“上網查教程。”陸澤洛回想起他第一次給她卸妝,還挺手忙腳亂,要不是知道她醉了,他也不敢那麼幹。
“啊?怎麼查?”
“對著卸妝油的品牌搜用法,跟著影片學。”陸澤洛摸了摸鼻子坦誠道。
落萏想起他第一回生疏的手法,相信了他的說法:“不愧是能上清華的腦子!”
“你也不差,回去洗洗睡吧。”陸澤洛沒好氣道,伸手捋了捋她的頭髮,笑得無奈。
“......”
第二天一早落萏睡到九點半才睜眼,她迅速起床換衣服到衛生間洗漱,等人站到洗漱臺前她的眼睛才睜開,入眼的是一張綠色便利貼,上面是男人遒勁有力的字型:記得拿早餐。
落萏摸了摸鼻子有些心虛,把便利貼撕下來,開始洗漱極速版。
等到她站在門口準備換鞋,鞋櫃把手還貼著一張便利貼:記得拿早餐。
落萏:“......”
好傢伙,陸澤洛有點過於瞭解她了。
她赤腳走到廚房,開啟冰箱,看到放在最中間顯眼的一個袋子上面貼著:早餐,她快速拿過塞進包裡,穿鞋出門,到樓下攔計程車。
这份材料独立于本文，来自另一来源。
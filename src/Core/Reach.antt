-- ===== src/Core/Reach.antt =====
-- internal/core: the well-formedness of the stores that the calls reach.
use clausa_lens.Prelude.{ℕ, String, Bool, ◌≡◌, refl, arith, ok, [], lookup, ap}
use clausa_lens.Contracts.Event.{ExecutionEvent}
use clausa_lens.Contracts.Incident.{Incident}
use clausa_lens.Contracts.Graph.{ExecutionGraph}
use clausa_lens.Contracts.Capsule.{ReplayCapsule}
use clausa_lens.Contracts.Diff.{ReplayDiff}
use clausa_lens.Core.Store.{Store, ResetCounts, reset}
use clausa_lens.Core.Events.{ingest_event}
use clausa_lens.Core.Incidents.{put_incident}
use clausa_lens.Core.Runs.{put_capsule, put_diff}
use clausa_lens.Core.Lease.{renew_lease}
use clausa_lens.Core.Steps.{
  Step, Reached, ingest, incident, capsule, put, transition, diff, claim, renew, fresh, step,
  cleared,
}
use clausa_lens.Core.Invariant.{RunsWellFormed, store_run-RunsWellFormed}
use clausa_lens.Core.Ready.{
  put_run-shape, put_run-Storable, transition_run-Replaces, transition_run-Storable,
  claim_run-Claims, claim_run-Storable, claim_run-runs,
}

pub ingest_event-runs :
    (ctx : Bool) (e : ExecutionEvent) (s t : Store) → ingest_event ctx e s ≡ ok t → t.runs ≡ s.runs
unfolding ingest_event
ingest_event-runs ctx e s t h = ground arith

pub put_incident-runs :
    (ctx : Bool) (i : Incident) (g : ExecutionGraph) (s t : Store)
    → put_incident ctx i g s ≡ ok t
    → t.runs ≡ s.runs
unfolding put_incident
put_incident-runs ctx i g s t h = ground arith

pub put_capsule-runs :
    (ctx : Bool) (c : ReplayCapsule) (s t : Store) → put_capsule ctx c s ≡ ok t → t.runs ≡ s.runs
unfolding put_capsule
put_capsule-runs ctx c s t h = ground arith

pub put_diff-runs :
    (ctx : Bool) (d : ReplayDiff) (s t : Store) → put_diff ctx d s ≡ ok t → t.runs ≡ s.runs
unfolding put_diff
put_diff-runs ctx d s t h = ground arith

pub renew_lease-runs :
    (ctx : Bool) (now : ℕ) (id : String) (lease : ℕ) (s t : Store)
    → renew_lease ctx now id lease s ≡ ok t
    → t.runs ≡ s.runs
unfolding renew_lease
renew_lease-runs ctx now id lease s t h = ground arith

pub reset-runs :
    (ctx : Bool) (s t : Store) (c : ResetCounts) → reset ctx s ≡ ok (t, c) → t.runs ≡ []
unfolding reset
reset-runs ctx s t c h = ground arith

module _ (host_of : String → String) where
  -- The invariant reads the runs alone.
  same_runs : {s t : Store} → RunsWellFormed host_of s → t.runs ≡ s.runs → RunsWellFormed host_of t
  same_runs {s} {t} w e = record {
    keyed = λ id r h. w.keyed id r (rw e at h);
    valid = λ id r h. w.valid id r (rw e at h);
    baseline = λ id r h kind. rw e (w.baseline id r (rw e at h) kind);
  }

  -- Every successful call keeps the runs of a store well formed.
  pub Step-RunsWellFormed :
      {s t : Store} → Step host_of s t → RunsWellFormed host_of s → RunsWellFormed host_of t
  Step-RunsWellFormed {s} {t} (ingest ctx e h) w = same_runs w (ingest_event-runs ctx e s t h)
  Step-RunsWellFormed {s} {t} (incident ctx i g h) w = same_runs w (put_incident-runs ctx i g s t h)
  Step-RunsWellFormed {s} {t} (capsule ctx c h) w = same_runs w (put_capsule-runs ctx c s t h)
  Step-RunsWellFormed {s} {t} (diff ctx d h) w = same_runs w (put_diff-runs ctx d s t h)
  Step-RunsWellFormed {s} {t} (renew ctx now id lease h) w =
      same_runs w (renew_lease-runs ctx now id lease s t h)
  Step-RunsWellFormed {s} {t} (put ctx r h) w =
      same_runs (store_run-RunsWellFormed host_of s r w (put_run-Storable host_of ctx r s t h))
        (ap (λ (x : Store). x.runs) (put_run-shape host_of ctx r s t h).3)
  Step-RunsWellFormed {s} {t} (transition ctx from r h) w =
      same_runs
        (store_run-RunsWellFormed host_of s r w
          (transition_run-Storable host_of ctx from r s t w h))
        (ap (λ (x : Store). x.runs) (transition_run-Replaces host_of ctx from r s t h).becomes)
  Step-RunsWellFormed {s} {t} (claim ctx now id lease r h) w =
      let c = claim_run-Claims ctx now id lease r s t h in
      same_runs (store_run-RunsWellFormed host_of s r w (claim_run-Storable host_of w c))
        (claim_run-runs host_of w c)

  no_runs : {t : Store} → t.runs ≡ [] → RunsWellFormed host_of t
  unfolding lookup
  no_runs {t} e = record {
    keyed = λ id r h. cc (rw e at h);
    valid = λ id r h. cc (rw e at h);
    baseline = λ id r h kind. absurd (cc (rw e at h));
  }

  -- In every store that the calls reach from an empty one, resets included, each run is valid and
  -- stands under its own id, and each what-if run has in the store a BASELINE run of the same capsule
  -- that is COMPLETED and REPRODUCED with passing isolation.
  pub Reached-RunsWellFormed : {s : Store} → Reached host_of s → RunsWellFormed host_of s
  Reached-RunsWellFormed fresh = no_runs refl
  Reached-RunsWellFormed (step before call) =
      Step-RunsWellFormed call (Reached-RunsWellFormed before)
  Reached-RunsWellFormed (cleared {s} {t} ctx counts before h) =
      no_runs (reset-runs ctx s t counts h)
到現場已經十點十幾分,劇組的工作都步入正規,沒看到主演和導演,她吸了吸鼻子得虧不打卡。
現場人很多,但地方就那麼大,她想先隨便找個地方摸魚,順便把早餐吃了。
落萏想起早上那兩張便利貼她就牙酸,隱約記得陸澤洛,昨天晚上說過會給她做早餐。
但是連續兩張便利貼是真怕她會忘啊!現實是她確實忘了,如果沒有他的提醒,她一定絲滑洗漱出門。
思及此,她拿出手機給陸澤洛發微信:【過於瞭解我的人,該被拉出去凌遲。】
她四處看看想先找個角落,把早餐吃了,身後就有人拍了拍她:“姐,哥要你去一趟。”
落萏回頭,是顧雋的助理,她挑眉:“甚麼事?”
“我也不知道。”助理回話。
落萏無奈只能先跟她去,離開拍攝現場,去到另外的房間。
助理把她帶到顧雋的獨立化妝間,裡面只有造型師和化妝師。
化妝間不大,是特意為了給主演化妝隔出來的樣板間,落萏挑眉發現都是熟人,沒有拘謹,隨便找個位置坐下,倒是省得。她找地方了:“你找我,有事?”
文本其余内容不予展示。